De Buraku - Untouchables van Japan

Tijdens het bewind van de Tokugawa Shogunate in Japan zat de samoeraienklasse bovenop een sociale structuur met vier niveaus. Onder hen waren boeren en vissers, ambachtslieden en kooplieden. Sommige mensen waren echter lager dan de laagste kooplieden; ze werden zelfs als minder dan menselijk beschouwd.

Hoewel ze genetisch en cultureel niet van andere mensen in Japan te onderscheiden waren, de Buraku werd gedwongen om in gescheiden buurten te wonen en kon zich niet vermengen met een van de hogere klassen mensen. Op de buraku werd universeel neergekeken en hun kinderen kregen geen opleiding.

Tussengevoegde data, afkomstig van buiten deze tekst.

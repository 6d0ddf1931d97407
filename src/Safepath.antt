-- ===== src/Safepath.antt =====
-- internal/safepath/safepath.go: joining a directory with a name that comes from a client.
pub mod Inside
use selenwright.Prelude.{
  Bool, true, false, List, [], ◌∷◌, ◌++◌, Str, ◌==◌, is_empty, is_abs, clean, join_path, has_prefix,
  not, Result, ok, err, ◌&&◌, if◌then◌else◌,
}

pub data SafepathError : Type 0 where
  empty_root empty_name absolute_path outside : SafepathError

-- `Join`
unfoldable pub join_below : Str → Str → Result SafepathError Str
join_below root name =
    let clean_root = clean root in
    let candidate = clean (join_path clean_root name) in
    if is_empty root
    then err empty_root
    else if is_empty name
    then err empty_name
    else if is_abs name
    then err absolute_path
    else if not (candidate == clean_root) && not (has_prefix candidate (clean_root ++ b'/' ∷ []))
    then err outside
    else ok candidate
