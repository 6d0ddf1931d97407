-- ===== src/Safepath/Inside.antt =====
-- What Join lets through stays inside its root.
use selenwright.Prelude.{
  ℕ, ◌≡◌, ◌≢◌, refl, true, false, List, [], ◌∷◌, ◌++◌, reverse, Str, ◌==◌, ==_iff, is_empty, is_abs,
  clean, clean_parts, clean_step, print_path, join_path, has_prefix, not, split, push_first, join,
  dot, dot_dot, any, eqb, ◌∙◌, ok, ◌&&◌, All, arith, Bool-cases, inl, inr, ◌⊎◌, lit, subst,
}
use mathlib.Core.List.{reverse_aux, append_assoc}
use selenwright.Safepath.{join_below}

-- An element of a path with no special meaning: it is neither empty nor `.` nor `..`, and has no
-- slash.
abbrev pub Plain : Str → Type 0
Plain p = (is_empty p ≡ false) × (p ≢ dot) × (p ≢ dot_dot) × (any (λ c. eqb c b'/') p ≡ false)

abbrev NoSlash : Str → Type 0
NoSlash p = any (λ c. eqb c b'/') p ≡ false

push_first-NoSlash :
    (c : ℕ) (ss : List Str) → eqb c b'/' ≡ false → All NoSlash ss → All NoSlash (push_first c ss)
push_first-NoSlash c [] h a = (ground arith, tt)
push_first-NoSlash c (s ∷ ss) h a = (ground (arith, a.0), a.1)

split-NoSlash : (s : Str) → All NoSlash (split b'/' s)
unfolding split
split-NoSlash [] = (refl, tt)
split-NoSlash (c ∷ s) = elim (Bool-cases (eqb c b'/')) [
  | inl slash ↦ rw slash (refl, split-NoSlash s)
  | inr other ↦ rw other (push_first-NoSlash c (split b'/' s) other (split-NoSlash s))
]

clean_step-Plain :
    (stack : List Str) (part : Str)
    → All Plain stack
    → NoSlash part
    → All Plain (clean_step true stack part)
unfolding clean_step
clean_step-Plain [] part a n = ground (arith, ==_iff part dot, ==_iff part dot_dot)
clean_step-Plain (s ∷ ss) part a n =
    ground (arith, ==_iff part dot, ==_iff part dot_dot, ==_iff s dot_dot)

reverse_aux-Plain :
    (ps acc : List Str) → All Plain ps → All Plain acc → All Plain (reverse_aux ps acc)
reverse_aux-Plain [] acc a b = b
reverse_aux-Plain (p ∷ ps) acc a b = reverse_aux-Plain ps (p ∷ acc) a.1 (a.0, b)

reverse-Plain : (ps : List Str) → All Plain ps → All Plain (reverse ps)
reverse-Plain ps a = reverse_aux-Plain ps [] a tt

clean_parts-Plain :
    (stack parts : List Str)
    → All Plain stack
    → All NoSlash parts
    → All Plain (clean_parts true stack parts)
unfolding clean_parts
clean_parts-Plain stack [] a n = reverse-Plain stack a
clean_parts-Plain stack (p ∷ ps) a n =
    clean_parts-Plain (clean_step true stack p) ps (clean_step-Plain stack p a n.0) n.1

-- A cleaned absolute path is a slash and plain elements.
abbrev pub IsPlainPath : Str → Type 0
IsPlainPath path = (ps : List Str) × (path ≡ print_path true ps) × All Plain ps

clean-IsPlainPath : (path : Str) → is_abs path ≡ true → IsPlainPath (clean path)
unfolding clean
clean-IsPlainPath path h = (
  clean_parts true [] (split b'/' path),
  rw h refl,
  clean_parts-Plain [] (split b'/' path) tt (split-NoSlash path),
)

clean-is_abs : (path : Str) → is_abs path ≡ true → is_abs (clean path) ≡ true
unfolding clean
clean-is_abs path h = rw h refl

prefix_rest : (p q : Str) → has_prefix p q ≡ true → (rest : Str) × (p ≡ q ++ rest)
unfolding has_prefix
prefix_rest p [] h = (p, refl)
prefix_rest [] (c ∷ q) h = cc
prefix_rest (d ∷ p) (c ∷ q) h =
    let (rest, e) = prefix_rest p q (ground arith) in (rest, ground (arith, e))

join_path-is_abs : (root name : Str) → is_abs root ≡ true → is_abs (join_path root name) ≡ true
unfolding join_path is_abs
join_path-is_abs [] name h = cc
join_path-is_abs (c ∷ root) [] h = clean-is_abs (c ∷ root) h
join_path-is_abs (c ∷ root) (d ∷ name) h = clean-is_abs (c ∷ root ++ b'/' ∷ d ∷ name) h

joined :
    (root name p : Str)
    → join_below root name ≡ ok p
    → (clean (join_path (clean root) name) ≡ p)
      × ((not (p == clean root) && not (has_prefix p (clean root ++ b'/' ∷ []))) ≡ false)
unfolding join_below
joined root name p e = (ground arith, ground arith)

-- A path lies below a directory: it is the directory, or goes on with a slash behind it.
abbrev pub IsBelow : Str → Str → Type 0
IsBelow path dir = (path ≡ dir) ⊎ ((rest : Str) × (path ≡ dir ++ b'/' ∷ rest))

-- With an absolute root, whatever name a client gives: the path that Join accepts lies below the
-- cleaned root, and its elements are plain ones, with no `..` left to follow.
pub join_below-IsBelow :
    (root name p : Str)
    → is_abs root ≡ true
    → join_below root name ≡ ok p
    → IsBelow p (clean root) × IsPlainPath p
join_below-IsBelow root name p abs e =
    let (same, passed) = joined root name p e in
    let plain =
      clean-IsPlainPath (join_path (clean root) name)
        (join_path-is_abs (clean root) name (clean-is_abs root abs)) in
    (
      elim (Bool-cases (p == clean root)) [
        | inl root_itself ↦ inl ((==_iff p (clean root)).0 root_itself)
        | inr other ↦
            let (rest, q) = prefix_rest p (clean root ++ b'/' ∷ []) (ground arith) in
            inr (rest, ground (arith, q, append_assoc (clean root) (b'/' ∷ []) rest))
      ],
      subst IsPlainPath same plain,
    )

no_double_slash : (ps : List Str) (rest : Str) → All Plain ps → join b'/' ps ≢ b'/' ∷ rest
unfolding join
no_double_slash [] rest a e = cc
no_double_slash ([] ∷ ps) rest a e = cc (a.0.0)
no_double_slash ((d ∷ q) ∷ []) rest a e =
    let h : d ≡ b'/' = ground arith in ground (arith, a.0.3, h)
no_double_slash ((d ∷ q) ∷ p ∷ ps) rest a e =
    let h : d ≡ b'/' = ground arith in ground (arith, a.0.3, h)

clean_root_itself : clean (lit "/") ≡ lit "/"
unfolding clean split ◌==◌ join
clean_root_itself = refl

-- Under the root of the file system Join accepts nothing but that root itself.
join_below-slash : (name p : Str) → join_below (lit "/") name ≡ ok p → p ≡ lit "/"
unfolding print_path is_abs
join_below-slash name p e =
    let (below, (ps, q, plain)) = join_below-IsBelow (lit "/") name p refl e in
    elim below [
      | inl itself ↦ itself ∙ clean_root_itself
      | inr (rest, deeper) ↦
          let double : join b'/' ps ≡ b'/' ∷ rest = ground (arith, deeper, q, clean_root_itself) in
          absurd (no_double_slash ps rest plain double)
    ]
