-- ===== src/Session/LogSink/Readers.antt =====
-- A reader that goes on from where its last read ended sees every line once, in order.
use selenwright.Prelude.{
  ℕ, zero, suc, ◌≤◌, ◌≡◌, refl, sym, List, [], ◌∷◌, ◌++◌, Str, length, length-append, drop, arith,
  pos, Bool-cases, inl, inr,
}
use mathlib.Core.List.{append-nil, append_assoc}
use selenwright.Session.LogSink.{LogSink, write_line, read_from, close_sink, terminated}

pub data Event : Type 0 where
  writes : Str → Event
  closes : Event

pub run : LogSink → List Event → LogSink
run s [] = s
run s (writes line ∷ es) = run (write_line line s) es
run s (closes ∷ es) = run (close_sink s) es

-- What was written later stands behind what was written before.
Grows : LogSink → LogSink → Type 0
Grows s t = (later : List Str) × (t.lines ≡ s.lines ++ later)

run-Grows : (s : LogSink) (es : List Event) → Grows s (run s es)
unfolding run Grows write_line close_sink
run-Grows s [] = ([], sym (append-nil _))
run-Grows s (writes line ∷ es) =
    let (later, e) = run-Grows (write_line line s) es in
    elim (Bool-cases s.closed) [
      | inl shut ↦ (later, ground (arith, e))
      | inr open_still ↦ (
        terminated line ∷ later,
        ground (arith, e, append_assoc s.lines (terminated line ∷ []) later),
      )
    ]
run-Grows s (closes ∷ es) =
    let (later, e) = run-Grows (close_sink s) es in (later, ground (arith, e))

drop-append : (xs ys : List Str) → drop (length xs) (xs ++ ys) ≡ ys
drop-append [] ys = refl
drop-append (x ∷ xs) ys = drop-append xs ys

drop-prefix : (i : ℕ) (xs ys : List Str) → i ≤ length xs → drop i (xs ++ ys) ≡ drop i xs ++ ys
drop-prefix zero xs ys h = refl
drop-prefix (suc i) [] ys h = elim h [ ]
drop-prefix (suc i) (x ∷ xs) ys h = drop-prefix i xs ys (omega arith)

-- A read from where the last one ended returns the lines written in between: whatever is written
-- or closed between the two, the entries of both are those of one read at the later time.
pub read_from_resumes :
    (s : LogSink) (es : List Event) (i : ℕ)
    → i ≤ length s.lines
    → (read_from (pos i) s).entries
        ++ (read_from (pos (read_from (pos i) s).next) (run s es)).entries
      ≡ (read_from (pos i) (run s es)).entries
unfolding read_from Grows
read_from_resumes s es i h =
    let (later, e) = run-Grows s es in
    ground (
      arith,
      e,
      length-append s.lines later,
      drop-append s.lines later,
      drop-prefix i s.lines later h,
    )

De reden? Hun taken waren volgens Boeddhistische en Shinto-normen als "onrein" aangeduid - ze werkten als slagers, leerlooiers en beulen. Hun banen werden aangetast door hun associatie met de dood. Een ander type outcast, de hinin of 'submenselijk', werkte als prostituees, acteurs of geisha.

Geschiedenis van Burakumin

Orthodoxe Shinto en Boeddhisme beschouwen contact met de dood als onrein. Daarom worden personen in beroepen waar zij betrokken zijn bij het slachten of verwerken van vlees vermeden. Deze beroepen werden vele eeuwen als laag beschouwd en verarmde of ontwrichte mensen hebben zich waarschijnlijk eerder tot hen gewend. Ze vormden hun eigen dorpen gescheiden van degenen die hen zouden mijden.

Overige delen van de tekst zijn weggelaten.